↓
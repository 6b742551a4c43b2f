-- ===== src/Evaluator/Grouping.antt =====
-- The loop that groups the paths by owner set loses no path and adds none.
use extra_codeowners.Prelude.{
  Bool, false, ◌&&◌, ◌||◌, List, [], ◌∷◌, ◌++◌, ◌≡◌, refl, ◌∙◌, subst, arith, ◌==◌, list_eq, nat_eq,
  Option, none, some, inl, inr, Bool-cases, all, contains, intersects, sort, insert, text_le,
  any-sort, any-congr, all-append, all-contains, eq_of_beq, lookup, assign, Result, ok,
}
use extra_codeowners.Text.{Str}
use extra_codeowners.Models.Normalize.{ValueError}
use extra_codeowners.Models.Paths.{IsNormalized}
use extra_codeowners.Policy.Decision.{is_nil, owner_matches}
use extra_codeowners.Models.Evidence.{PullRequestReview}
use extra_codeowners.Policy.Coverage.{delegation_covers}
use extra_codeowners.Codeowners.Document.{CodeownersDocument, last_match, owners_of, owners_for}
use extra_codeowners.Evaluator.Judgement.{Context}
use extra_codeowners.Evaluator.Evaluate.{OwnerPaths, with_path, Grouped, group_path, group_paths}
use extra_codeowners.Evaluator.Coverage.{
  human_covers, author_covers, application_covers, is_covered, AllNormalized,
}

-- the last matching rule's owners, of a path that passed validation
unfoldable pub owners_at : CodeownersDocument → Str → List Str
owners_at document path = owners_of (last_match document.rules path none)

-- The requirement on one changed path: it has no owner, or it is covered.
unfoldable pub is_path_covered : Context → CodeownersDocument → Str → Bool
is_path_covered context document path =
    is_nil (owners_at document path) || is_covered context (owners_at document path) path

owners_for-eq :
    (document : CodeownersDocument) (path : Str)
    → IsNormalized path
    → owners_for document path ≡ ok (owners_at document path)
unfolding owners_for owners_at
owners_for-eq document path valid = rw valid refl

is_nil-sort : (owners : List Str) → is_nil (sort text_le owners) ≡ is_nil owners
unfolding is_nil sort
is_nil-sort [] = refl
is_nil-sort (x ∷ xs) = is_nil-insert (sort text_le xs)
  where
    is_nil-insert : (ys : List Str) → is_nil (insert text_le x ys) ≡ false
    is_nil-insert [] = refl
    is_nil-insert (y ∷ ys) = ground arith

intersects-sort_left : (xs ys : List Str) → intersects (sort text_le xs) ys ≡ intersects xs ys
unfolding intersects
intersects-sort_left xs ys = any-sort text_le (contains ys) xs

intersects-sort_right : (xs ys : List Str) → intersects xs (sort text_le ys) ≡ intersects xs ys
unfolding intersects contains
intersects-sort_right xs ys =
    any-congr (contains (sort text_le ys)) (contains ys) xs (λ x. any-sort text_le (λ y. y == x) ys)

-- coverage does not depend on the order of the owners
is_covered-sort :
    (context : Context) (owners : List Str) (path : Str)
    → is_covered context (sort text_le owners) path ≡ is_covered context owners path
unfolding is_covered human_covers author_covers application_covers delegation_covers owner_matches
is_covered-sort context owners path =
    rw
      (
        intersects-sort_right context.author_identities owners,
        any-congr (λ (a : PullRequestReview × List Str). intersects a.1 (sort text_le owners))
            (λ (a : PullRequestReview × List Str). intersects a.1 owners) context.human_approvals
            (λ a. intersects-sort_right a.1 owners),
        any-congr
            (delegation_covers context.approved_apps context.labels (sort text_le owners) path)
            (delegation_covers context.approved_apps context.labels owners path)
            context.policy.delegations
            (λ d. rw (intersects-sort_left owners d.rule.for_owners) refl),
      )
      refl

module _ (c : List Str → Str → Bool) where
  abbrev pub group_holds : List Str × List Str → Bool
  group_holds (owners, paths) = all (c owners) paths

  with_path-holds :
      (k : List Str) (w : List Str) (p : Str)
      → all (c k) (with_path (some w) p) ≡ (all (c k) w && c k p)
  unfolding with_path all
  with_path-holds k w p = ground (arith, all-append (c k) w (p ∷ []), all-contains (c k) w p)

  assign-holds :
      (k : List Str) (p : Str) (d : OwnerPaths)
      → all group_holds (assign k (with_path (lookup k d) p) d) ≡ (all group_holds d && c k p)
  unfolding all assign lookup with_path
  assign-holds k p [] = ground arith
  assign-holds k p ((j, w) ∷ d) =
      ground (arith, assign-holds k p d, eq_of_beq j k, with_path-holds k w p)

  group_path-holds :
      (owners : List Str) (path : Str) (g : Grouped)
      → all group_holds (group_path owners path g).owner_paths
        ≡ (all group_holds g.owner_paths && (is_nil owners || c owners path))
  unfolding group_path is_nil
  group_path-holds [] path g = ground arith
  group_path-holds (o ∷ owners) path g = assign-holds (o ∷ owners) path g.owner_paths

-- every path of every group passed validation
unfoldable pub GroupsNormalized : OwnerPaths → Type 0
GroupsNormalized [] = Unit
GroupsNormalized ((k, w) ∷ d) = AllNormalized w × GroupsNormalized d

AllNormalized-append :
    (w : List Str) (p : Str) → AllNormalized w → IsNormalized p → AllNormalized (w ++ p ∷ [])
unfolding AllNormalized
AllNormalized-append [] p h v = (v, tt)
AllNormalized-append (x ∷ w) p h v = (h.0, AllNormalized-append w p h.1 v)

with_path-AllNormalized :
    (o : Option (List Str)) (p : Str)
    → ((w : List Str) → o ≡ some w → AllNormalized w)
    → IsNormalized p
    → AllNormalized (with_path o p)
unfolding with_path AllNormalized
with_path-AllNormalized none p h v = (v, tt)
with_path-AllNormalized (some w) p h v = elim (Bool-cases (contains w p)) [
  | inl there ↦ rw there (h w refl)
  | inr new ↦ rw new (AllNormalized-append w p (h w refl) v)
]

lookup-AllNormalized :
    (k : List Str) (d : OwnerPaths) (w : List Str)
    → GroupsNormalized d
    → lookup k d ≡ some w
    → AllNormalized w
unfolding GroupsNormalized lookup
lookup-AllNormalized k [] w h e = cc
lookup-AllNormalized k ((j, x) ∷ d) w h e = elim (Bool-cases (j == k)) [
  | inl same ↦
      let e' : some x ≡ some w = rw same at e in
      let found : x ≡ w = ground arith in subst AllNormalized found h.0
  | inr other ↦ lookup-AllNormalized k d w h.1 (rw other at e)
]

assign-GroupsNormalized :
    (k w : List Str) (d : OwnerPaths)
    → AllNormalized w
    → GroupsNormalized d
    → GroupsNormalized (assign k w d)
unfolding GroupsNormalized assign
assign-GroupsNormalized k w [] v h = (v, tt)
assign-GroupsNormalized k w ((j, x) ∷ d) v h = elim (Bool-cases (j == k)) [
  | inl same ↦ rw same (v, h.1)
  | inr other ↦ rw other (h.0, assign-GroupsNormalized k w d v h.1)
]

group_path-GroupsNormalized :
    (owners : List Str) (path : Str) (g : Grouped)
    → IsNormalized path
    → GroupsNormalized g.owner_paths
    → GroupsNormalized (group_path owners path g).owner_paths
unfolding group_path
group_path-GroupsNormalized [] path g v h = h
group_path-GroupsNormalized (o ∷ owners) path g v h =
    assign-GroupsNormalized (o ∷ owners) _ g.owner_paths
      (with_path-AllNormalized (lookup (o ∷ owners) g.owner_paths) path
        (λ w e. lookup-AllNormalized (o ∷ owners) g.owner_paths w h e) v)
      h

module _ (context : Context) (document : CodeownersDocument) where
  -- the groups that the loop returns hold the requirement of every path, and nothing else
  abbrev pub GroupsHold : List Str → Grouped → Result ValueError Grouped → Type 0
  GroupsHold paths g result =
      (g' : Grouped) × (result ≡ ok g')
      × GroupsNormalized g'.owner_paths
      × (all (group_holds (is_covered context)) g'.owner_paths ≡ (
          all (group_holds (is_covered context)) g.owner_paths
          && all (is_path_covered context document) paths))

  step_holds :
      (path : Str) (g : Grouped)
      → all
          (group_holds (is_covered context))
          (group_path (sort text_le (owners_at document path)) path g).owner_paths
        ≡ (all (group_holds (is_covered context)) g.owner_paths
            && is_path_covered context document path)
  unfolding is_path_covered
  step_holds path g =
      group_path-holds (is_covered context) (sort text_le (owners_at document path)) path g
      ∙ rw
          (
            is_nil-sort (owners_at document path),
            is_covered-sort context (owners_at document path) path,
          )
          refl

  pub group_paths-GroupsHold :
      (paths : List Str) (g : Grouped)
      → AllNormalized paths
      → GroupsNormalized g.owner_paths
      → GroupsHold paths g (group_paths document paths g)
  unfolding group_paths AllNormalized all
  group_paths-GroupsHold [] g v h = (g, refl, h, ground arith)
  group_paths-GroupsHold (path ∷ paths) g v h =
      let next = group_path (sort text_le (owners_at document path)) path g in
      let (g', e, n, s) =
        group_paths-GroupsHold paths next v.1
          (group_path-GroupsNormalized (sort text_le (owners_at document path)) path g v.0 h) in
      (g', rw (owners_for-eq document path v.0) e, n, ground (arith, s, step_holds path g))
↑
> _TO DO_
From the entries above, give again exactly the lines running from the line with "(λ d. rw (intersects-sort_left" to the line with "group_holds (group_path owners path g).owner_paths"; include both of those lines.

> _EXERCISE SOLUTION_
            (λ d. rw (intersects-sort_left owners d.rule.for_owners) refl),
      )
      refl

module _ (c : List Str → Str → Bool) where
  abbrev pub group_holds : List Str × List Str → Bool
  group_holds (owners, paths) = all (c owners) paths

  with_path-holds :
      (k : List Str) (w : List Str) (p : Str)
      → all (c k) (with_path (some w) p) ≡ (all (c k) w && c k p)
  unfolding with_path all
  with_path-holds k w p = ground (arith, all-append (c k) w (p ∷ []), all-contains (c k) w p)

  assign-holds :
      (k : List Str) (p : Str) (d : OwnerPaths)
      → all group_holds (assign k (with_path (lookup k d) p) d) ≡ (all group_holds d && c k p)
  unfolding all assign lookup with_path
  assign-holds k p [] = ground arith
  assign-holds k p ((j, w) ∷ d) =
      ground (arith, assign-holds k p d, eq_of_beq j k, with_path-holds k w p)

  group_path-holds :
      (owners : List Str) (path : Str) (g : Grouped)
      → all group_holds (group_path owners path g).owner_paths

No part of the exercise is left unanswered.